The expired air contains, in addition, a greater or less quantity of animal matter of a highly decomposable character.

(d) Very close analysis of the expired air shows, firstly, that the quantity of oxygen which disappears is always slightly in excess of the quantity of carbonic acid supplied; and secondly, that the nitrogen is variable-the expired nitrogen being sometimes slightly in excess of, sometimes slightly less than that inspired, and sometimes remaining stationary.

12. From three hundred and fifty to four hundred cubic feet of air are thus passed through the lungs of an adult man taking little or no exercise, in the course of twentyfour hours; and are charged with carbonic acid, and deprived of oxygen, to the extent of nearly five per cent. This amounts to about eighteen cubic feet of the one gas taken in, and of the other given out.
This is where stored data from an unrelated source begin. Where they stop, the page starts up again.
-- ===== src/Thrift/Frames.antt =====
-- `CThriftParser` as the parser of a connection: its messages can be cut out of a stream.
use ape_cpp_server.Base.{
  ltb, lt→ltb, not_ltb→le, Bool-cases, length, All, length-append, joined, add32, be32, ℕ, ◌+◌, ◌-◌,
  ◌^◌, ◌≤◌, ◌<◌, ◌≡◌, refl, sym, ap, ◌∙◌, inl, inr, List, [], ◌∷◌, ◌++◌, append-nil, arith,
}
use ape_cpp_server.Message.{ThriftMessage, new_thrift_message}
use ape_cpp_server.Buffer.Append.{IsAllocator}
use ape_cpp_server.Connection.{
  max_packet_size, Parsed, crash, null, place, Connection, handle_reads,
}
use ape_cpp_server.Connection.Read.{Frame, IsFrame, stream}
use ape_cpp_server.Connection.Stream.{IsAllRead, handle_reads_lem}
use ape_cpp_server.Connection.Reassembly.{IsReading}
use ape_cpp_server.Thrift.{
  head_size, Decoded, fault, bad, incomplete, packet, read_head, decode_head, decode,
}
use ape_cpp_server.Thrift.Roundtrip.{wire, received, mem, read_head-wire, length-wire, decode-wire}

pub to_place : Decoded → Parsed ThriftMessage
to_place fault = crash
to_place bad = null
to_place incomplete = place 0 new_thrift_message
to_place (packet n m) = place n m

-- `CreateMessage` and `Decode`, as `HandleRead` calls them
pub thrift_decode : ℕ → List ℕ → Parsed ThriftMessage
unfolding to_place
thrift_decode len mem = to_place (decode len mem new_thrift_message)

abbrev pub frame : ThriftMessage → Frame ThriftMessage
frame m = record { bytes = wire m; msg = received m }

abbrev pub frames : List ThriftMessage → List (Frame ThriftMessage)
frames [] = []
frames (m ∷ ms) = frame m ∷ frames ms

read_head-append : (a r : List ℕ) → 12 ≤ length a → read_head (a ++ r) ≡ read_head a
read_head-append [] r h = elim h [ ]
read_head-append (a ∷ []) r h = absurd (omega arith)
read_head-append (a ∷ b ∷ []) r h = absurd (omega arith)
read_head-append (a ∷ b ∷ c ∷ []) r h = absurd (omega arith)
read_head-append (a ∷ b ∷ c ∷ d ∷ []) r h = absurd (omega arith)
read_head-append (a ∷ b ∷ c ∷ d ∷ e ∷ []) r h = absurd (omega arith)
read_head-append (a ∷ b ∷ c ∷ d ∷ e ∷ f ∷ []) r h = absurd (omega arith)
read_head-append (a ∷ b ∷ c ∷ d ∷ e ∷ f ∷ g ∷ []) r h = absurd (omega arith)
read_head-append (a ∷ b ∷ c ∷ d ∷ e ∷ f ∷ g ∷ i ∷ []) r h = absurd (omega arith)
read_head-append (a ∷ b ∷ c ∷ d ∷ e ∷ f ∷ g ∷ i ∷ j ∷ []) r h = absurd (omega arith)
read_head-append (a ∷ b ∷ c ∷ d ∷ e ∷ f ∷ g ∷ i ∷ j ∷ k ∷ []) r h = absurd (omega arith)
read_head-append (a ∷ b ∷ c ∷ d ∷ e ∷ f ∷ g ∷ i ∷ j ∷ k ∷ l ∷ []) r h = absurd (omega arith)
read_head-append (a ∷ b ∷ c ∷ d ∷ e ∷ f ∷ g ∷ i ∷ j ∷ k ∷ l ∷ o ∷ p) r h = refl

module _ (m : ThriftMessage) (fits : 16 + length m.method + length m.body < 2 ^ 32) where
  decode-part :
      (front back rest : List ℕ)
      → wire m ≡ front ++ back
      → 0 < length back
      → decode (length front) (front ++ rest) new_thrift_message ≡ incomplete
  unfolding decode decode_head
  decode-part front back rest e hb = elim (Bool-cases (ltb (length front) head_size)) [
    | inl t ↦ rw (t, decode) refl
    | inr t ↦
        rw
          (
            t,
            decode,
            read_head-append front rest (not_ltb→le (length front) head_size t)
                ∙ (sym (read_head-append front back (not_ltb→le (length front) head_size t))
                    ∙ (ap read_head (sym e)
                        ∙ (ap read_head (sym (append-nil (wire m))) ∙ read_head-wire m [] fits))),
            decode_head,
            lt→ltb (length front) (add32 (head_size + length m.method + length m.body) 4) shorter,
          )
          refl
  ]
    where
      shorter : length front < add32 (head_size + length m.method + length m.body) 4
      shorter = omega (arith, ap length e, length-append front back, length-wire m [] fits, fits)

  pub wire-IsFrame : IsFrame thrift_decode (frame m)
  unfolding thrift_decode
  wire-IsFrame = record {
    nonempty = omega (arith, length-wire m [] fits);
    whole = λ n rest h _. ap to_place (decode-wire m rest fits n h);
    part = λ front back rest e hb _.
        (new_thrift_message, ap to_place (decode-part front back rest e hb));
  }

All-frames :
    (ms : List ThriftMessage)
    → All (λ m. length (wire m) ≤ max_packet_size - 1024) ms
    → All (IsFrame thrift_decode) (frames ms)
      × All (λ f. length f.bytes ≤ max_packet_size - 1024) (frames ms)
unfolding max_packet_size
All-frames [] a = (tt, tt)
All-frames (m ∷ ms) a =
    let r = All-frames ms a.1 in
    (
      (wire-IsFrame m (omega (arith, a.0, length-append m.method (be32 m.seqid ++ m.body))), r.0),
      (a.0, r.1),
    )

-- Thrift messages that `Encode` wrote, none longer than a packet may be less 1024 bytes, that arrive
-- one behind the other in reads of at most 1024 bytes, cut anywhere, at a connection whose buffer
-- holds nothing, are given to the session in their order as `Decode` makes them, and the connection
-- waits for more with nothing held.
pub handle_reads-wire :
    (fresh : ℕ → List ℕ) (cs : List (List ℕ)) (ms : List ThriftMessage)
    (c : Connection ThriftMessage)
    → IsAllocator fresh
    → All (λ m. length (wire m) ≤ max_packet_size - 1024) ms
    → All (λ bytes. length bytes ≤ 1024) cs
    → IsReading [] c
    → joined cs ≡ stream (frames ms)
    → IsAllRead (frames ms) c (handle_reads thrift_decode fresh cs c)
handle_reads-wire fresh cs ms c alloc l p v es =
    let a = All-frames ms l in
    handle_reads_lem thrift_decode fresh alloc cs (frames ms) c a.0 a.1 p v es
Thus, if a man be shut up in a close room, having the form of a cube seven feet in the side, every particle of air in that room will have passed through his lungs in twenty-four hours, and

a fourth of the oxygen it contained will be replaced by . carbonic acid.

The quantity of carbon eliminated in the twenty-four hours is pretty clearly represented by a piece of pure charcoal weighing eight ounces.
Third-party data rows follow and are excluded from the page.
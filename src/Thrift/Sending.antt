-- ===== src/Thrift/Sending.antt =====
-- `CConnection::AsyncWrite` with `CThriftParser`.
use ape_cpp_server.Base.{
  length, ℕ, ◌+◌, ◌*◌, ◌^◌, ◌<◌, ◌≡◌, refl, ap, Bool, true, some, List, [], ◌∷◌, ◌++◌,
}
use ape_cpp_server.Message.{ThriftMessage}
use ape_cpp_server.Buffer.{contents}
use ape_cpp_server.Buffer.Append.{IsBuffer, IsAllocator}
use ape_cpp_server.Connection.{Connection, async_write}
use ape_cpp_server.Thrift.{encode}
use ape_cpp_server.Thrift.Roundtrip.{wire, encode_lem}

-- `AsyncWrite` on a connection that is connected passes all the bytes of its write buffer to the
-- socket, those of the messages written before and then those of this one, and keeps them all in the
-- buffer, if the buffer may grow as often as that takes.
pub async_write_resends :
    (fresh : ℕ → List ℕ) (m : ThriftMessage) (close : Bool) (c : Connection ThriftMessage)
    → IsAllocator fresh
    → c.connected ≡ true
    → IsBuffer c.writebuf
    → 81 * (c.writebuf.capacity + length (wire m)) < 2 ^ 32
    → (c' : Connection ThriftMessage) × (async_write (encode fresh) m close c ≡ some c')
      × (c'.writes ≡ c.writes ++ ((contents c.writebuf ++ wire m) ∷ []))
      × (contents c'.writebuf ≡ contents c.writebuf ++ wire m)
unfolding async_write
async_write_resends fresh m close c alloc hc v h =
    let r = encode_lem fresh m c.writebuf alloc v h in
    (
      record c {
        writebuf = r.0;
        close_after_write = close;
        writes = c.writes ++ (contents r.0 ∷ []);
      },
      rw (async_write, hc, r.1) refl,
      ap (λ l. c.writes ++ (l ∷ [])) r.2,
      r.2,
    )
The quantity of water given off from the lungs in the twenty-four hours varies very much, but may be taken on the average as rather less than half a pint, or about nine ounces. It may fall below this amount, or increase to double or treble the quantity.

13. The mechanical arrangements by which the respiratory movements, essential to the removal of the great mass of effete matters, and the importation of the large quantity of oxygen indicated, are effected, may be found in (a) the elasticity of the lungs ; (b) the mobility of the sides and bottom of the thoracic cavity in which the lungs are contained.
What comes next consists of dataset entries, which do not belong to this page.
-- ===== src/Thrift/Tests.antt =====
-- The theorems on thrift frames at concrete inputs, and runs of the code.
use ape_cpp_server.Base.{
  length, take, drop, replicate, codes, ℕ, zero, suc, ◌≡◌, refl, ap, true, false, some, List, [],
  ◌∷◌, ◌++◌, arith,
}
use ape_cpp_server.Message.{new_message, ThriftMessage, new_thrift_message}
use ape_cpp_server.Buffer.{Buffer, contents}
use ape_cpp_server.Thrift.{ThriftHead, version_1, incomplete, packet, read_head, decode, encode}
use ape_cpp_server.Thrift.Roundtrip.{wire, received, decode-wire}
use ape_cpp_server.Connection.{max_packet_size, Connection, async_write, handle_reads}
use ape_cpp_server.Connection.Reassembly.{IsReading}
use ape_cpp_server.Connection.Stream.{IsAllRead, handle_reads_lem}
use ape_cpp_server.Thrift.Frames.{thrift_decode, frames, wire-IsFrame, handle_reads-wire}
use ape_cpp_server.Thrift.Sending.{async_write_resends}
use ape_cpp_server.Thrift.Bounds.{IsConsistent, IsWithin, decode-IsWithin}

abbrev ping : ThriftMessage
ping = record { net = new_message; seqid = 7; method = codes "Ping"; body = 1 ∷ 2 ∷ 0 ∷ [] }

-- The bytes that arrive with the next packet's first byte behind them.
ping_arrives :
    decode 24 (wire ping ++ (9 ∷ [])) new_thrift_message
    ≡ packet 23 (record ping { seqid = 0x07000000 })
unfolding decode
ping_arrives = refl

ping_incomplete : decode 22 (wire ping) new_thrift_message ≡ incomplete
unfolding decode
ping_incomplete = refl

decode-wire_example :
    decode 24 (wire ping ++ (9 ∷ [])) new_thrift_message
    ≡ packet (length (wire ping)) (received ping)
decode-wire_example = decode-wire ping (9 ∷ []) (omega arith) 24 (omega arith)

-- memory that is handed out full of zeros
abbrev zeros : ℕ → List ℕ
zeros n = replicate n 0

length-zeros : (n : ℕ) → length (zeros n) ≡ n
length-zeros zero = refl
length-zeros (suc n) = ap suc (length-zeros n)

abbrev small_buffer : Buffer
small_buffer = record { base = 5 ∷ 6 ∷ 0 ∷ []; capacity = 3; loc = 2 }

-- a head that announces 12 bytes in all, with an empty method
abbrev short_packet : List ℕ
short_packet = 0 ∷ 0 ∷ 0 ∷ 8 ∷ 128 ∷ 1 ∷ 0 ∷ 1 ∷ 0 ∷ 0 ∷ 0 ∷ 0 ∷ []

abbrev short_head : ThriftHead
short_head = record { size = 8; version = version_1; type_ = 1; methodlen = 0 }

ping-IsConsistent : (h : ThriftHead) → read_head (wire ping) ≡ some h → IsConsistent h
ping-IsConsistent h e = ground arith

decode-IsWithin_example : IsWithin 23 (decode 23 (wire ping) new_thrift_message)
decode-IsWithin_example =
    decode-IsWithin 23 (wire ping) new_thrift_message (omega arith) ping-IsConsistent

-- A connection with new buffers.
abbrev idle : Connection ThriftMessage
idle = record {
  buffer = record { base = zeros 10240; capacity = 10240; loc = 0 };
  writebuf = record { base = zeros 10240; capacity = 10240; loc = 0 };
  close_after_write = false;
  writes = [];
  connected = true;
  has_session = true;
  is_dealing_read = false;
  socket_open = true;
  reading = some 10239;
  read_log = [];
  peer_closes = 0;
}

idle-IsReading : IsReading [] idle
idle-IsReading = record {
  connected = refl;
  session = refl;
  valid = record { allocated = length-zeros 10240; filled = omega arith };
  held = refl;
  space = omega arith;
  bounded = omega arith;
  large = omega arith;
}

-- `ping` in two pieces
abbrev pieces : List (List ℕ)
pieces = take 9 (wire ping) ∷ drop 9 (wire ping) ∷ []

handle_reads-wire_example :
    IsAllRead (frames (ping ∷ [])) idle (handle_reads thrift_decode zeros pieces idle)
unfolding max_packet_size
handle_reads-wire_example =
    handle_reads-wire zeros pieces (ping ∷ []) idle length-zeros (omega arith, tt)
      (omega arith, (omega arith, tt)) idle-IsReading refl

handle_reads_lem_example :
    IsAllRead (frames (ping ∷ [])) idle (handle_reads thrift_decode zeros pieces idle)
unfolding max_packet_size
handle_reads_lem_example =
    handle_reads_lem thrift_decode zeros length-zeros pieces (frames (ping ∷ [])) idle
      (wire-IsFrame ping (omega arith), tt) (omega arith, tt) (omega arith, (omega arith, tt))
      idle-IsReading refl

async_write_resends_example :
    (c' : Connection ThriftMessage) × (async_write (encode zeros) ping false idle ≡ some c')
    × (c'.writes ≡ idle.writes ++ ((contents idle.writebuf ++ wire ping) ∷ []))
    × (contents c'.writebuf ≡ contents idle.writebuf ++ wire ping)
async_write_resends_example =
    async_write_resends zeros ping false idle length-zeros refl
      (record { allocated = length-zeros 10240; filled = omega arith }) (omega arith)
The thorax may be regarded as a completely shut conical box, with the small end turned upwards, the back of the box being formed by the spinal column, the sides by the ribs, the front by the breast-bone, the bottom by the diaphragm, and the top by the root of the neck (Fig. 19).

The two lungs occupy almost all the cavity of this box which is not taken up by the heart. Each is enclosed in its serous membrane, the pleura, a double bag (very similar to the pericardium, the chief difference being that the outer bag of each pleura is, over the greater part of its extent, quite firmly adherent to the walls of the chest and the diaphragm (see Fig. 9), while the outer bag of the pericardium is for the most part loose), the inner bag closely covering the lung and the outer forming a lining to the cavity of the chest. So long as the walls of the thorax are entire, the cavity of each pleura is practically obliterated, that layer of the pleura which covers the lung being in close contact with that which lines the wall of the chest; but if a small opening be made into the pleura, the lung at once shrinks to a comparatively small size, and thus develops a great cavity between the two layers of the pleura. If a pipe be now fitted into the bronchus, and air blown through it, the lung is very readily distended to its full size; but, on being left to itself, it collapses, the air being driven out again with some force.